The solution to climbing is low gears and then spinning fast enough to maintain 4 or 5 mph. You don't say what you ride but I am assuming it is a recumbent bike of some kind. It gets difficult to balance a recumbent bike much below 5mph, so the solution is to keep your speed up with the assistance of appropriate gearing. Currently my bottom gear is around 26" but I could probably do with 22". However it's then difficult to spin fast enough to maintain the 5mph needed to balance.

Paul


----------



## byegad (20 Aug 2010)

If I'm just ticking over, say on the flat with a tail wind I'll change up to get around 60/minute. 

For into the wind I'm doing high 70s and to climb low 80s.

The temptation is to use a high gear and low cadence for power. It works but your knees won't thank you in the long run.

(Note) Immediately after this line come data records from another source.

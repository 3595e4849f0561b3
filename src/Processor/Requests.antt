-- ===== src/Processor/Requests.antt =====
-- miniraft/raft.cpp: requests from clients, forwarding and its replies, CheckStateChange, CleanUp.
use miniraft_cpp.Prelude.{
  ℕ, ◌+◌, List, [], ◌∷◌, ◌++◌, Option, none, some, Bool, true, false, leb, ◌&&◌, ◌||◌, not, ◌==◌,
  max, u32, get_last?, if◌then◌else◌, Result, ok, err, null_node, assert_failed, guard, ◌>>=◌, ◌>>◌,
}
use miniraft_cpp.Prelude.Dict
use miniraft_cpp.Messages.{CommandRequest, CommandResponse, is_write, is_stale, is_consistent}
use miniraft_cpp.Raft.{Role, candidate, follower, leader}
use miniraft_cpp.Raft.Timeout.{append_entry, approve_read}
use miniraft_cpp.Rsm.{Rsm}
use miniraft_cpp.Processor.{Processor, Waiting, answer}

unfoldable pub waits_for_leader : Role → ℕ → Bool
waits_for_leader candidate leader_id = true
waits_for_leader _ leader_id = leader_id == 0

-- The assertions on the order of a queue: its newest entry waits for no more than this one.
unfoldable pub in_order : List Waiting → ℕ → ℕ → Bool
in_order queue index seqno = elim (get_last? queue) [
  | none ↦ true
  | some w ↦ leb w.index index && leb w.seqno seqno
]

-- The assertion on Waiting looks at the index alone.
unfoldable pub index_in_order : List Waiting → ℕ → Bool
index_in_order queue index = elim (get_last? queue) [ none ↦ true | some w ↦ leb w.index index ]

unfoldable pub is_leader : Role → Bool
is_leader leader = true
is_leader _ = false

-- What is left of a client's cookies; a client with none is forgotten.
unfoldable pub put_cookies : ℕ → List ℕ → Dict.Dict (List ℕ) → Dict.Dict (List ℕ)
put_cookies client [] d = Dict.erase client d
put_cookies client (x ∷ xs) d = Dict.set client (x ∷ xs) d

module _ {M : Type 0} where
  -- The part of Forward that sends a follower's command on to its leader.
  unfoldable pub forward_to_leader : CommandRequest → ℕ → Processor M → Result (Processor M)
  forward_to_leader c client p =
      let leader_id = p.raft.volatile.leader_id in
      let cookie = p.forward_cookie in
      do
        guard (not (leader_id == p.raft.id)) assert_failed
        guard (Dict.contains leader_id p.nodes) null_node
        ok (record p {
          forwarded = p.forwarded ++ (leader_id, record c { cookie = max 1 cookie }) ∷ [];
          cookie_to_client = Dict.set cookie client p.cookie_to_client;
          client_to_cookie =
              Dict.set client (Dict.insert cookie (Dict.get_or client [] p.client_to_cookie))
                p.client_to_cookie;
          forward_cookie = u32 (cookie + 1);
        })

  unfoldable pub forward_as : Role → CommandRequest → ℕ → Processor M → Result (Processor M)
  forward_as follower c client p = forward_to_leader c client p
  forward_as _ c client p = err assert_failed

  -- TRequestProcessor::Forward
  unfoldable pub forward : CommandRequest → Option ℕ → Processor M → Result (Processor M)
  unfolding forward_as forward_to_leader waits_for_leader
  forward c none p = ok p
  forward c (some client) p =
      if not (c.cookie == 0)
      then answer (some client)
          (record { index = 0; cookie = c.cookie; error_code = 1; data_bytes = [] }) p
      else if waits_for_leader p.raft.state_name p.raft.volatile.leader_id
      then ok (record p {
        waiting_state_change =
            p.waiting_state_change
            ++ record { index = 0; seqno = 0; command = c; reply_to = some client } ∷ [];
      })
      else forward_as p.raft.state_name c client p

  -- TRequestProcessor::OnReadRequest
  unfoldable pub on_read_request : CommandRequest → Option ℕ → Processor M → Result (Processor M)
  unfolding in_order index_in_order
  on_read_request c reply_to p = do
    guard (not (is_write c.flags)) assert_failed
    if is_stale c.flags || (not (is_consistent c.flags) && is_leader p.raft.state_name)
        then (do
          guard (index_in_order p.waiting p.raft.state.last_log_index) assert_failed
          ok (record p {
            waiting =
                p.waiting
                ++ record {
                  index = p.raft.state.last_log_index;
                  seqno = 0;
                  command = c;
                  reply_to = reply_to;
                }
                  ∷ [];
          }))
        else if not (is_leader p.raft.state_name)
        then forward c reply_to p
        else approve_read p.raft >>= λ sr. (do
          guard (in_order p.strong_waiting sr.1.state.last_log_index sr.0) assert_failed
          ok (record p {
            raft = sr.1;
            strong_waiting =
                p.strong_waiting
                ++ record {
                  index = sr.1.state.last_log_index;
                  seqno = sr.0;
                  command = c;
                  reply_to = reply_to;
                }
                  ∷ [];
          }))

  -- The queue after a write whose client waits for `index`.
  unfoldable pub await_write : ℕ → CommandRequest → Option ℕ → Processor M → Result (Processor M)
  await_write index c none p = ok p
  await_write index c (some client) p = do
    guard (index_in_order p.waiting index) assert_failed
    ok (record p {
      waiting =
          p.waiting
          ++ record { index = index; seqno = 0; command = c; reply_to = some client } ∷ [];
    })

-- TRequestProcessor::OnCommandResponse, for the reply to a forwarded command.
unfoldable pub on_command_response : {M : Type 0} → CommandResponse → Processor M → Processor M
unfolding put_cookies
on_command_response c p = elim (Dict.find? c.cookie p.cookie_to_client) [
  | none ↦ p
  | some client ↦
      let cookies = Dict.remove c.cookie (Dict.get_or client [] p.client_to_cookie) in
      record p {
        replies = p.replies ++ (client, c) ∷ [];
        client_to_cookie = put_cookies client cookies p.client_to_cookie;
        cookie_to_client = Dict.erase c.cookie p.cookie_to_client;
      }
]

unfoldable pub erase_all : List ℕ → Dict.Dict ℕ → Dict.Dict ℕ
erase_all [] d = d
erase_all (k ∷ ks) d = erase_all ks (Dict.erase k d)

-- TRequestProcessor::CleanUp
unfoldable pub clean_up : {M : Type 0} → ℕ → Processor M → Processor M
unfolding erase_all
clean_up client p = elim (Dict.find? client p.client_to_cookie) [
  | none ↦ p
  | some cookies ↦ record p {
    cookie_to_client = erase_all cookies p.cookie_to_client;
    client_to_cookie = Dict.erase client p.client_to_cookie;
  }
]

unfoldable pub is_empty : List Waiting → Bool
is_empty [] = true
is_empty (w ∷ ws) = false

module _ (m : Rsm) where
  open m use {Machine, prepare}

  -- TRequestProcessor::OnWriteRequest
  unfoldable pub on_write_request :
      CommandRequest → Option ℕ → Processor Machine → Result (Processor Machine)
  unfolding await_write index_in_order
  on_write_request c reply_to p = do
    guard (is_write c.flags) assert_failed
    if is_leader p.raft.state_name
        then (let (index, r) = append_entry (prepare c) p.raft in
            await_write index c reply_to (record p { raft = r }))
        else forward c reply_to p

  -- TRequestProcessor::OnCommandRequest
  unfoldable pub on_command_request :
      CommandRequest → Option ℕ → Processor Machine → Result (Processor Machine)
  on_command_request c reply_to p =
      if is_write c.flags then on_write_request c reply_to p else on_read_request c reply_to p

  unfoldable pub apply_waiting : List Waiting → Processor Machine → Result (Processor Machine)
  apply_waiting [] p = ok p
  apply_waiting (w ∷ ws) p = on_command_request w.command w.reply_to p >>= λ p'. apply_waiting ws p'

  -- TRequestProcessor::CheckStateChange
  unfoldable pub check_state_change : Processor Machine → Result (Processor Machine)
  unfolding apply_waiting waits_for_leader is_empty
  check_state_change p =
      if is_empty p.waiting_state_change
      then ok p
      else if waits_for_leader p.raft.state_name p.raft.volatile.leader_id
      then ok p
      else apply_waiting p.waiting_state_change (record p { waiting_state_change = [] })
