-- ===== src/Processor/Apply.antt =====
-- miniraft/raft.cpp: ProcessCommitted and ProcessWaiting.
use miniraft_cpp.Prelude.{
  ℕ, zero, suc, ◌-◌, List, [], ◌∷◌, ◌++◌, Option, none, some, ltb, leb, ◌&&◌, not, ◌==◌, get_last?,
  length, drop, if◌then◌else◌, Result, ok, err, assert_failed, out_of_bounds, guard, or_fail, ◌>>=◌,
  ◌>>◌,
}
use miniraft_cpp.Messages.{CommandResponse, stub_flag, is_write}
use miniraft_cpp.State.{get}
use miniraft_cpp.Rsm.{Rsm}
use miniraft_cpp.Processor.{Processor, Waiting, Answer, answer}

-- while (!WriteAnswers.empty() && WriteAnswers.front().Index < index) WriteAnswers.pop();
unfoldable pub drop_answers : ℕ → List Answer → List Answer
drop_answers index [] = []
drop_answers index (a ∷ as_) = if ltb a.index index then drop_answers index as_ else a ∷ as_

-- The front of WriteAnswers, by the assertions the answer to the command at `index`.
unfoldable pub take_answer : ℕ → List Answer → Result (CommandResponse × List Answer)
take_answer index [] = err assert_failed
take_answer index (a ∷ as_) = guard (a.index == index) assert_failed >> ok (a.reply, as_)

-- Waiting.back(), if the loop of ProcessWaiting goes on.
unfoldable pub ready : ℕ → List Waiting → Option Waiting
ready last_applied queue = elim (get_last? queue) [
  | none ↦ none
  | some w ↦ if leb w.index last_applied then some w else none
]

-- The same for StrongWaiting, which also waits for the commit sequence number.
unfoldable pub strong_ready : ℕ → ℕ → List Waiting → Option Waiting
strong_ready last_applied seqno queue = elim (get_last? queue) [
  | none ↦ none
  | some w ↦ if leb w.index last_applied && leb w.seqno seqno then some w else none
]

module _ (m : Rsm) where
  open m use {Machine, last_applied, set_last_applied, read, write}

  abbrev pub default_answer : ℕ → Option CommandResponse → CommandResponse
  default_answer i none = record { index = i; cookie = 0; error_code = 0; data_bytes = [] }
  default_answer i (some reply) = reply

  -- The body of the loop of ProcessCommitted.
  unfoldable pub apply_entry : ℕ → Processor Machine → Result (Processor Machine)
  apply_entry i p = do
    e ← or_fail (get i p.raft.state) out_of_bounds
    if e.flags == stub_flag
        then ok p
        else write e i p.rsm >>= λ wr. ok (record p {
          rsm = wr.0;
          write_answers =
              p.write_answers ++ record { index = i; reply = default_answer i wr.1 } ∷ [];
        })

  unfoldable pub apply_entries : ℕ → ℕ → Processor Machine → Result (Processor Machine)
  apply_entries zero i p = ok p
  apply_entries (suc n) i p = apply_entry i p >>= λ p'. apply_entries n (suc i) p'

  -- TRequestProcessor::ProcessCommitted
  unfoldable pub process_committed : Processor Machine → Result (Processor Machine)
  unfolding apply_entries
  process_committed p =
      let commit_index = p.raft.volatile.commit_index in
      apply_entries (commit_index - last_applied p.rsm) (suc (last_applied p.rsm)) p >>= λ p'.
      ok (record p' { rsm = set_last_applied commit_index p'.rsm })

  -- What the loop of ProcessWaiting does with `w`, after the pop.
  unfoldable pub answer_waiting : Waiting → Processor Machine → Result (Processor Machine)
  unfolding drop_answers take_answer
  answer_waiting w p =
      if is_write w.command.flags
      then take_answer w.index (drop_answers w.index p.write_answers) >>= (λ ra.
        answer w.reply_to (record (ra.0) { cookie = w.command.cookie })
          (record p { write_answers = ra.1 }))
      else read w.command w.index p.rsm >>= (λ mr.
        answer w.reply_to (record (mr.1) { cookie = w.command.cookie }) (record p { rsm = mr.0 }))

  -- The loop over Waiting. Each round pops one, so the length of the queue is enough fuel.
  -- It looks at the back of the queue and pops the front.
  unfoldable pub drain_waiting : ℕ → ℕ → Processor Machine → Result (Processor Machine)
  unfolding ready answer_waiting
  drain_waiting zero last p = ok p
  drain_waiting (suc fuel) last p = elim (ready last p.waiting) [
    | none ↦ ok p
    | some w ↦ answer_waiting w (record p { waiting = drop 1 p.waiting }) >>= λ p'.
        drain_waiting fuel last p'
  ]

  unfoldable pub answer_strong : Waiting → Processor Machine → Result (Processor Machine)
  answer_strong w p = do
    guard (not (is_write w.command.flags)) assert_failed
    mr ← read w.command w.index p.rsm
    answer w.reply_to (record (mr.1) { cookie = w.command.cookie }) (record p { rsm = mr.0 })

  unfoldable pub drain_strong : ℕ → ℕ → ℕ → Processor Machine → Result (Processor Machine)
  unfolding strong_ready answer_strong
  drain_strong zero last seqno p = ok p
  drain_strong (suc fuel) last seqno p = elim (strong_ready last seqno p.strong_waiting) [
    | none ↦ ok p
    | some w ↦ answer_strong w (record p { strong_waiting = drop 1 p.strong_waiting }) >>= λ p'.
        drain_strong fuel last seqno p'
  ]

  -- TRequestProcessor::ProcessWaiting
  unfoldable pub process_waiting : Processor Machine → Result (Processor Machine)
  unfolding drain_waiting drain_strong
  process_waiting p =
      let last = last_applied p.rsm in
      drain_waiting (length p.waiting) last p
      >>= (λ p'. drain_strong (length p'.strong_waiting) last p'.raft.volatile.commit_seqno p')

When I changed to recumbents my cadence went from 72 to 84 over the first 500 to 1000 miles. Remember on a 'bent you can press far more than your weight as the seat back allows you to effectively 'bench press' on every stroke. 

To do this I consciously practised at every opportunity. Whenever I was on a flat road I'd change down one gear and work at keeping the speed the same. At the foot of every hill I dropped another gear and upped my cadence again. As I climbed I worked at keeping my cadence up even at the expense of dropping more gears. This doesn't always work, for a start you run out of gears pretty soon  but over time it upped my 'natural' cadence.


----------



## Tigerbiten (20 Aug 2010)

I'm on a recumbent trike, so I dont have your low speed balance problems.
My bottom 4 gears are around 12.5"-15"-17"-20".
This gives me a speed uphill of around 3-4-5-6 mph for each gear.
Are your bottom gears low enough to let you spin uphill.

I found that if I start a ride by taking it easy and spinning the legs in a low-ish gear, then I tend to spin the whole ride.
If I start by trying to go fast and grinding in a high-ish gear, then I'll tend to grind the whole ride.

Don't leave the change down a gear untill to late.
I'm getting to be a good judge of just what gear will get me up what hill, so I now tend to change down a bit earlier ( before the grind stage) so I can keep spinning.
Also as I've got fitter, I can spin up hills in a slightly higher gear.

Luck ...........


----------



## BenM (20 Aug 2010)

Hi

Having commuted a princely 840(ish) miles on my commute since march I have noticed that my speed uphill is getting close to that which I remember when riding the same hill on the DF.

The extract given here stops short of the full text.